What is Deep Learning ?🔗

  • A neural network is a graph of nodes with weights and activation functions.
  • Nodes are organized into layers that are stacked on top of one another, each layer is connected, either partially or completely, to previous layer in the network.
  • The goal is to train the network to associate certain inputs with certain outputs by tuning the weights associated with each connection and the values of each node in the network.

Image Classification with Convolutional Neural Networks | by ...

  • Deep Learning or deep neural networks, stack many of these layers together into various different architectures.

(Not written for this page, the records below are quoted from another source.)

-- ===== src/Rpc/Accept.antt =====
-- Start and Close of rpc/server.go: the loop that accepts connections.
use emicro.Common.{ℕ, ◌≡◌, refl, Option, none, some, List, [], ◌∷◌, All, ◌≢◌}
use emicro.Common.Maps.{Bytes}

-- What Accept returns: a connection, net.ErrClosed itself, or another error; an error that only wraps
-- net.ErrClosed is another one.
pub data Accepted : Type 0 where
  conn : ℕ → Accepted
  err_closed : Accepted
  another : Bytes → Accepted

-- Start has returned an error or nil, or it waits at Accept.
pub data Started : Type 0 where
  not_listening : Bytes → Started
  stopped : Started
  accepting : Started

-- The loop on what Accept returns: where Start is, and the connections that have a goroutine of
-- handleConn.
unfoldable pub accept_loop : List Accepted → Started × List ℕ
accept_loop [] = (accepting, [])
accept_loop (conn c ∷ rest) = let (end, conns) = accept_loop rest in (end, c ∷ conns)
accept_loop (err_closed ∷ rest) = (stopped, [])
accept_loop (another e ∷ rest) = accept_loop rest

-- Start, with net.Listen's error or none.
unfoldable pub start_server : Option Bytes → List Accepted → Started × List ℕ
start_server (some e) accepted = (not_listening e, [])
start_server none accepted = accept_loop accepted

-- Close with the listener, if there is one, and the error of its Close.
abbrev pub close_server : Option (Option Bytes) → Option Bytes
close_server none = none
close_server (some closed) = closed

abbrev pub conns_of : List Accepted → List ℕ
conns_of [] = []
conns_of (conn c ∷ rest) = c ∷ conns_of rest
conns_of (err_closed ∷ rest) = conns_of rest
conns_of (another e ∷ rest) = conns_of rest

-- Where Accept never returns net.ErrClosed itself, Start goes on for ever, and every connection that
-- is accepted is handled, in order, whatever errors come between.
pub start_server-conns_of :
    (accepted : List Accepted)
    → All (λ a. a ≢ err_closed) accepted
    → start_server none accepted ≡ (accepting, conns_of accepted)
unfolding start_server accept_loop
start_server-conns_of [] h = refl
start_server-conns_of (conn c ∷ rest) (h, hs) = rw (start_server-conns_of rest hs) refl
start_server-conns_of (err_closed ∷ rest) (h, hs) = absurd (h refl)
start_server-conns_of (another e ∷ rest) (h, hs) = start_server-conns_of rest hs
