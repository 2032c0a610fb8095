-- ===== src/Rpc/Client/Ids.antt =====
-- rpc/client.go: the message ids of calls that share the counter.
use emicro.Common.{
  ℕ, zero, suc, ◌+◌, ◌%◌, ◌^◌, ◌<◌, ◌≡◌, ◌≢◌, refl, sym, ap, ◌-◌, Option, some, List, [], ◌∷◌,
  length, get_elem?, Outcome, ok, panic, no_fuel, ◌>>=◌, bind-ok, IfReturns, IfReturns-bind, arith,
}
use emicro.Common.Words.{add32}
use emicro.Common.Maps.{Bytes}
use emicro.Message.Request.{Request, calculate_header_length, calculate_body_length}
use emicro.Message.Response.{Response}
use emicro.Rpc.Codec.{Result, returned, failed, Compressor, Serializer}
use emicro.Rpc.Client.{Context, Proxy, build_request, build_meta, send, call, read_response}

-- A proxy that writes down the ids of the requests that it is handed, the last one first.
abbrev pub noting : {W : Type 0} → Proxy W → Proxy (List ℕ × W)
noting proxy ctx req (ids, w) = do
  (result, w') ← proxy ctx req w
  ok (result, (req.message_id ∷ ids, w'))

-- A call of a field's function: the names, the context, the argument and the zero value.
pub record FieldCall (V : Type 0) : Type 0 where
  pub service_name : Bytes
  pub method_name : Bytes
  pub ctx : Context
  pub arg : V
  pub out : V

build_request-id :
    (ctx : Context) (compresser serializer : ℕ) (service_name method_name : Bytes) (message_id : ℕ)
    (req : Request)
    → build_request ctx compresser serializer service_name method_name message_id ≡ ok req
    → req.message_id ≡ message_id
unfolding build_request calculate_header_length calculate_body_length
build_request-id ctx compresser serializer service_name method_name message_id req e =
    let (meta, _, e') = bind-ok (build_meta ctx) _ req e in cc

-- The ids, the last one first, are those that follow `first`, modulo 2^32.
abbrev pub Numbered : ℕ → List ℕ → Type 0
Numbered first [] = Unit
Numbered first (id ∷ ids) = (id ≡ (first + (length ids + 1)) % 2 ^ 32) × Numbered first ids

-- And the counter is as far on as the last of them.
abbrev Counts : ℕ → ℕ → List ℕ → Type 0
Counts first last ids = (last % 2 ^ 32 ≡ (first + length ids) % 2 ^ 32) × Numbered first ids

Numbered-get :
    (first i id : ℕ) (ids : List ℕ)
    → Numbered first ids
    → get_elem? ids i ≡ some id
    → (i < length ids) × (id ≡ (first + (length ids - i)) % 2 ^ 32)
Numbered-get first i id [] h at = cc
Numbered-get first zero id (x ∷ ids) h at =
    let same : x ≡ id = cc in rw (sym same) (omega (arith, h.0))
Numbered-get first (suc i) id (x ∷ ids) h at = omega (arith, Numbered-get first i id ids h.1 at)

module _ {V W : Type 0} (serializer : Serializer V) (compressor : Compressor)
    (proxy : Proxy W) where
  abbrev pub call_noted :
      FieldCall V → ℕ → List ℕ × W → Outcome ((V × Option Bytes) × ℕ × (List ℕ × W))
  call_noted c message_id noted =
      call serializer compressor c.service_name c.method_name (noting proxy) c.ctx c.arg c.out
        message_id noted

  -- Calls one after the other, from a value of the counter.
  unfoldable pub call_all : List (FieldCall V) → ℕ → List ℕ × W → Outcome (ℕ × (List ℕ × W))
  call_all [] message_id noted = ok (message_id, noted)
  call_all (c ∷ calls) message_id noted = do
    done ← call_noted c message_id noted
    call_all calls done.1 done.2

  abbrev Done : Type 0
  Done = (V × Option Bytes) × ℕ × (List ℕ × W)

  -- What a call leaves of the counter and the ids.
  abbrev Kept : ℕ → Done → Type 0
  Kept first done = Counts first done.1 done.2.0

  noting-Kept :
      (c : FieldCall V) (first last : ℕ) (ids : List ℕ) (w : W) (req : Request)
      → req.message_id ≡ add32 last 1
      → Counts first last ids
      → IfReturns (Kept first) (do
        (result, noted) ← noting proxy c.ctx req (ids, w)
        elim result [
          | failed e ↦ ok ((c.out, some e), add32 last 1, noted)
          | returned resp ↦ ok (read_response serializer compressor resp c.out, add32 last 1, noted)
        ])
  noting-Kept c first last ids w req id h = answered (proxy c.ctx req w) refl
    where
      noted : Counts first (add32 last 1) (req.message_id ∷ ids)
      noted = rw id (omega (arith, h.0), (omega (arith, h.0), h.1))

      answered :
          (x : Outcome (Result Response × W))
          → proxy c.ctx req w ≡ x
          → IfReturns (Kept first) (do
            (result, noted) ← noting proxy c.ctx req (ids, w)
            elim result [
              | failed e ↦ ok ((c.out, some e), add32 last 1, noted)
              | returned resp ↦
                  ok (read_response serializer compressor resp c.out, add32 last 1, noted)
            ])
      answered (ok (failed e, w')) at = rw at noted
      answered (ok (returned resp, w')) at = rw at noted
      answered panic at = rw at tt
      answered no_fuel at = rw at tt

  call-Kept :
      (c : FieldCall V) (first last : ℕ) (ids : List ℕ) (w : W)
      → Counts first last ids
      → IfReturns (Kept first) (call_noted c last (ids, w))
  unfolding call send
  call-Kept c first last ids w h = encoded (serializer.encode c.arg) refl
    where
      packed :
          (bs : Bytes) (x : Result Bytes)
          → serializer.encode c.arg ≡ returned bs
          → compressor.compress bs ≡ x
          → IfReturns (Kept first) (call_noted c last (ids, w))
      packed bs (failed e) e1 e2 = rw (e1, e2, call) h
      packed bs (returned bs') e1 e2 =
          rw (e1, e2, call)
            (IfReturns-bind (Kept first)
              (build_request c.ctx compressor.code serializer.code c.service_name c.method_name
                (add32 last 1))
              _
              (λ req made.
                noting-Kept c first last ids w req
                  (build_request-id c.ctx compressor.code serializer.code c.service_name
                    c.method_name (add32 last 1) req made)
                  h))

      encoded :
          (x : Result Bytes)
          → serializer.encode c.arg ≡ x
          → IfReturns (Kept first) (call_noted c last (ids, w))
      encoded (failed e) e1 = rw (e1, call) h
      encoded (returned bs) e1 = packed bs (compressor.compress bs) e1 refl

  call_all-Kept :
      (calls : List (FieldCall V)) (first last : ℕ) (ids : List ℕ) (w : W)
      → Counts first last ids
      → IfReturns (λ done. Numbered first done.1.0) (call_all calls last (ids, w))
  unfolding call_all
  call_all-Kept [] first last ids w h = h.1
  call_all-Kept (c ∷ calls) first last ids w h =
      IfReturns-bind (λ done. Numbered first done.1.0) (call_noted c last (ids, w)) _
        (λ done e.
          call_all-Kept calls first done.1 done.2.0 done.2.1
            (rw e at (call-Kept c first last ids w h)))

  -- The requests of fewer than 2^32 calls that share the counter, whatever their services, arguments and
  -- contexts, and wherever the counter starts, all have different message ids.
  pub call_all-distinct :
      (calls : List (FieldCall V)) (first last i j a b : ℕ) (ids : List ℕ) (w w' : W)
      → call_all calls first ([], w) ≡ ok (last, (ids, w'))
      → length ids < 2 ^ 32
      → i ≢ j
      → get_elem? ids i ≡ some a
      → get_elem? ids j ≡ some b
      → a ≢ b
  call_all-distinct calls first last i j a b ids w w' e few apart at_i at_j same =
      let numbered : Numbered first ids =
        rw e at
          (call_all-Kept calls first first [] w (ap (λ (n : ℕ). n % 2 ^ 32) (omega arith), tt)) in
      apart (
        omega (
          arith,
          Numbered-get first i a ids numbered at_i,
          Numbered-get first j b ids numbered at_j,
        ))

This concept has existed for decades and have waxed and waned in terms of popularity for various machine learning problems.
  • Typical machine learning techniques typically cannot continue to perform well as more data is added; their performance hits a ceiling. Deep learning can benefit from enormous amounts of data and information.
  • The most popular tools are TensorFlow, MXNet, Keras, and PyTorch.

Ways of Using Deep Learning in Spark🔗

  • Inference : The simplest way to use deep learning is to take a pretrained model and apply it to large datasets in parallel using Spark. Using pyspark we could simply call a framework such as TensorFlow or PyTorch in a map function to get distributed inference.
  • Featurization and transfer Learning : The next level of complexity is to use an existing model as a featurizer instead of taking its final output. Many deep learning models learn useful feature representations in their lower layers as they get trained for an end-to-end task.
    • This method is called transfer learning, and generally involves the last few layers of a pretrained model and retraining them with the data of interest. Transfer learning is also especially useful if you do not have a large amount of training data: training a full-blown network from scratch requires a dataset of hundreds of thousands of images, like ImageNet, to avoid overfitting, which
  • Model Training : Spark can also be used to train a new deep learning model from scratch. There are two common methods here.
    • First, you can use a Spark cluster to parallelize the training of a single model over multiple servers, communicating updates between them.
    • Alternatively, some libraries let the user train multiple instances of similar models in parallel to try various model architectures and hyperparameters, accelerating the model search and tuning process.

Deep Learning Libraries🔗

MLlib Neural Network Support🔗

Spark’s MLlib currently has native support for a single deep learning algorithm: the ml.classification.MultilayerPerceptronClassifier class’s multilayer perceptron classifier. This class is limited to training relatively shallow networks containing fully connected layers with the sigmoid activation function and an output layer with a softmax activation function.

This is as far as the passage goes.